Mrs. Bas let out a deep breath, the tension and fear slowly leaving her face as Mr. Bas put his arm around her shoulders.

“De-immobilize,” she said to the house. A smaller apparatus popped out of the side of one of the net-guns, and sprayed pig and boy alike with a solvent that turned the webbing to a thin liquid instantly. FP squeaked in surprise as he dropped the few feet to the ground. He then gathered his bearings, shook off the liquid like a dog would, and trotted back toward the house with as much dignity as he could muster.

“Target de-immobilized!” said the house in the same cheery tone.

Fisher returned with his parents to the dinner table. He held FP on his lap this time, scratching his pet's ears and back as FP napped off the excitement of the evening.

“I'm sorry, Fisher,” his mother said, smiling a bit sadly. “I may have overreacted a bit when I was programming the house's security settings. I'm just worried about what could happen if someone got a hold of my work. In the wrong hands …”

“In Dr. X's hands, you mean,” said his father, furrowing his brow.

“He's made no secret of the fact that he wants to secure the formula for himself,” she replied, taking a sip of water. “Our security has already caught three of his agents trying to break into the lab complex. He's a ruthless man, whoever he is, and he's willing to do anything to advance his own purposes.”

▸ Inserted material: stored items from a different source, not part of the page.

-- ===== src/Bitefficient/Grammar/Agents.antt =====
-- message_parser/agent_id.h, and the rules for agent identifiers of
-- message_parser/grammar/grammar_bitefficient.h. Of the alternatives of a user-defined value the
-- grammar only makes the string, so the value is its text.
use multiagent_fipa_acl.Base.{
  nat_eq, Text, text_eq, length, aborted, ok, ℕ, zero, suc, Option, none, some, List, [], ◌∷◌,
}
use multiagent_fipa_acl.Bitefficient.Qi.{Qi, Parser, thrown}
use multiagent_fipa_acl.Bitefficient.Reads.{lead, close}
use multiagent_fipa_acl.Bitefficient.Grammar.Expressions.{bin_word, bin_expression}

-- `UserDefinedParameter`
pub record UserDefinedParameter : Type 0 where
  pub name : Text
  pub data_text : Text

-- `AgentIdentifier`, with its resolvers, which are agent identifiers.
mutual
  pub data AgentIdentifier : Type 0 where
    agent_identifier : Text → List Text → ResolverList → List UserDefinedParameter → AgentIdentifier

  pub data ResolverList : Type 0 where
    no_resolver : ResolverList
    resolver : AgentIdentifier → ResolverList → ResolverList

abbrev pub resolver_list : List AgentIdentifier → ResolverList
resolver_list [] = no_resolver
resolver_list (a ∷ rest) = resolver a (resolver_list rest)

-- A collection that may be missing is empty.
abbrev pub or_empty : {A : Type 0} → Option (List A) → List A
or_empty none = []
or_empty (some xs) = xs

module _ (qi : Qi) (hex : Text → Text) where
  -- `UserdefinedParameter`
  abbrev pub userdefined_parameter : Parser UserDefinedParameter
  userdefined_parameter = lead qi 0x04 (
      qi.act (qi.seq (bin_word qi) (bin_expression qi hex))
        (λ x. ok (record { name = x.0; data_text = x.1 })))

  -- `endOfCollection` closes the collections.
  abbrev pub url_collection : Parser (List Text)
  url_collection = close qi (qi.star (bin_word qi)) 0x01

  abbrev pub addresses : Parser (List Text)
  addresses = lead qi 0x02 url_collection

  -- The parts of `agent_identifier_rule` behind its name, given the rule for the resolvers.
  abbrev pub agent_rest : Parser AgentIdentifier → Parser AgentIdentifier
  agent_rest nested =
      close qi
        (qi.act
          (qi.seq (lead qi 0x02 (bin_word qi)) (
            qi.seq (qi.opt addresses) (
              qi.seq (qi.opt (lead qi 0x03 (close qi (qi.star nested) 0x01)))
                (qi.star userdefined_parameter))))
          (λ x.
            ok (agent_identifier x.0 (or_empty x.1.0) (resolver_list (or_empty x.1.1.0)) x.1.1.1)))
        0x01

  -- `agent_identifier_rule`; the number bounds the nesting of resolvers.
  abbrev pub agent_identifier_at : ℕ → Parser AgentIdentifier
  agent_identifier_at zero = λ s. thrown aborted
  agent_identifier_at (suc depth) = agent_rest (agent_identifier_at depth)

  -- `AgentIdentifier`. Each resolver takes two bytes at least, so the input bounds the nesting.
  abbrev pub agent_identifier_rule : Parser AgentIdentifier
  agent_identifier_rule = λ s. agent_identifier_at (suc (length s)) s
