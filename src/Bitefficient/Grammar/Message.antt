-- ===== src/Bitefficient/Grammar/Message.antt =====
-- message_parser/types.h and parameter.h, and the rules of `Message` in
-- message_parser/grammar/grammar_bitefficient.h.
use multiagent_fipa_acl.Base.{nat_eq, Text, text_eq, codes, ok, ℕ, List, [], ◌∷◌}
use multiagent_fipa_acl.Bitefficient.Qi.{Qi, Parser}
use multiagent_fipa_acl.Bitefficient.Reads.{lead, close}
use multiagent_fipa_acl.Bitefficient.Grammar.{ByteSequence}
use multiagent_fipa_acl.Bitefficient.Grammar.Expressions.{
  bin_date_time, DateTime, bin_word, bin_expression, bin_string,
}
use multiagent_fipa_acl.Bitefficient.Grammar.Agents.{agent_identifier_rule, AgentIdentifier}

-- `message::ParameterValue`; the grammar makes no value of its last alternative, `ByteString`.
pub data ParameterValue : Type 0 where
  text_value : Text → ParameterValue
  agent_value : AgentIdentifier → ParameterValue
  agents_value : List AgentIdentifier → ParameterValue
  bytes_value : ByteSequence → ParameterValue
  date_value : DateTime → ParameterValue

-- `message::Parameter`, `Header` and `Message`
pub record Parameter : Type 0 where
  pub name : Text
  pub value : ParameterValue

pub record Header : Type 0 where
  pub id : ℕ
  pub version : ℕ

pub record Message : Type 0 where
  pub header : Header
  pub type_text : Text
  pub parameters : List Parameter

abbrev pub predefined_types : List (ℕ × Text)
predefined_types =
    (0x01, codes "accept-proposal")
    ∷ (0x02, codes "agree")
    ∷ (0x03, codes "cancel")
    ∷ (0x04, codes "cfp")
    ∷ (0x05, codes "confirm")
    ∷ (0x06, codes "disconfirm")
    ∷ (0x07, codes "failure")
    ∷ (0x08, codes "inform")
    ∷ (0x09, codes "inform-if")
    ∷ (0x0a, codes "inform-ref")
    ∷ (0x0b, codes "not-understood")
    ∷ (0x0c, codes "propagate")
    ∷ (0x0d, codes "propose")
    ∷ (0x0e, codes "proxy")
    ∷ (0x0f, codes "query-if")
    ∷ (0x10, codes "query-ref")
    ∷ (0x11, codes "refuse")
    ∷ (0x12, codes "reject-proposal")
    ∷ (0x13, codes "request")
    ∷ (0x14, codes "request-when")
    ∷ (0x15, codes "request-whenever")
    ∷ (0x16, codes "subscribe")
    ∷ []

module _ (qi : Qi) (hex : Text → Text) where
  -- Alternatives of which each begins with its own byte; the last one given comes last.
  abbrev pub typed : List (ℕ × Text) → Parser Text → Parser Text
  typed [] p = p
  typed ((code, text) ∷ types) p = qi.alt (qi.act (qi.byte code) (λ _. ok text)) (typed types p)

  -- `messageType`
  abbrev pub user_defined_message_type : Parser Text
  user_defined_message_type = lead qi 0x00 (bin_word qi)

  abbrev pub message_type : Parser Text
  message_type = typed predefined_types user_defined_message_type

  abbrev pub message_id : Parser ℕ
  message_id = qi.alt (qi.byte 0xfa) (qi.alt (qi.byte 0xfb) (qi.byte 0xfc))

  abbrev pub header : Parser Header
  header = qi.act (qi.seq message_id qi.any_byte) (λ x. ok (record { id = x.0; version = x.1 }))

  -- `recipientExpr` and `replyToParam`
  abbrev pub recipient_expr : Parser (List AgentIdentifier)
  recipient_expr = close qi (qi.star (agent_identifier_rule qi hex)) 0x01

  -- The alternatives of `predefinedMessageParameter`, behind the byte that each begins with.
  abbrev pub named : {A : Type 0} → Text → Parser A → (A → ParameterValue) → Parser Parameter
  named name p f = qi.act p (λ x. ok (record { name = name; value = f x }))

  abbrev pub predefined_parameters : List (ℕ × Parser Parameter)
  predefined_parameters =
      (0x02, named (codes "sender") (agent_identifier_rule qi hex) agent_value)
      ∷ (0x03, named (codes "receiver") recipient_expr agents_value)
      ∷ (0x04, named (codes "content") (bin_string qi) bytes_value)
      ∷ (0x05, named (codes "reply-with") (bin_expression qi hex) text_value)
      ∷ (0x06, named (codes "reply-by") (bin_date_time qi) date_value)
      ∷ (0x07, named (codes "in-reply-to") (bin_expression qi hex) text_value)
      ∷ (0x08, named (codes "reply-to") recipient_expr agents_value)
      ∷ (0x09, named (codes "language") (bin_expression qi hex) text_value)
      ∷ (0x0a, named (codes "encoding") (bin_expression qi hex) text_value)
      ∷ (0x0b, named (codes "ontology") (bin_expression qi hex) text_value)
      ∷ (0x0c, named (codes "protocol") (bin_word qi) text_value)
      ∷ (0x0d, named (codes "conversation-id") (bin_expression qi hex) text_value)
      ∷ []

  abbrev pub user_defined_message_parameter : Parser Parameter
  user_defined_message_parameter = lead qi 0x00 (
      qi.act (qi.seq (bin_word qi) (bin_expression qi hex))
        (λ x. ok (record { name = x.0; value = text_value x.1 })))

  abbrev pub coded : List (ℕ × Parser Parameter) → Parser Parameter → Parser Parameter
  coded [] last = last
  coded ((code, p) ∷ alternatives) last = qi.alt (lead qi code p) (coded alternatives last)

  -- `messageParameter`: the predefined ones, then the user-defined one.
  abbrev pub message_parameter : Parser Parameter
  message_parameter = coded predefined_parameters user_defined_message_parameter

  -- `aclCommunicativeAct`
  abbrev pub acl_communicative_act : Parser Message
  acl_communicative_act =
      qi.act (qi.seq header (qi.seq message_type (close qi (qi.star message_parameter) 0x01)))
        (λ x. ok (record { header = x.0; type_text = x.1.0; parameters = x.1.1 }))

Fisher hoped his parents wouldn't notice that he was blushing. His parents made no secret of the fact that they despised Dr. X. Fisher felt ashamed for thinking Dr. X was actually pretty cool.

“He may be secretive and a little odd,” said his dad as FP twitched under Fisher's hand, dreaming about soaring through the sky. “But there are limits to what he can and will do. Remember everything he's done for our city! For our country—and for science at large! I know he's your fiercest rival, and he wants to beat your team to the discovery of functioning AGH, but I can't see him going so far as to actually rob us to get ahead.”

“I hope you're right,” his mom said, her voice full of doubt. A few seconds of silence followed, broken only by Fisher's chewing and the dreamy snuffling of the pig in his lap.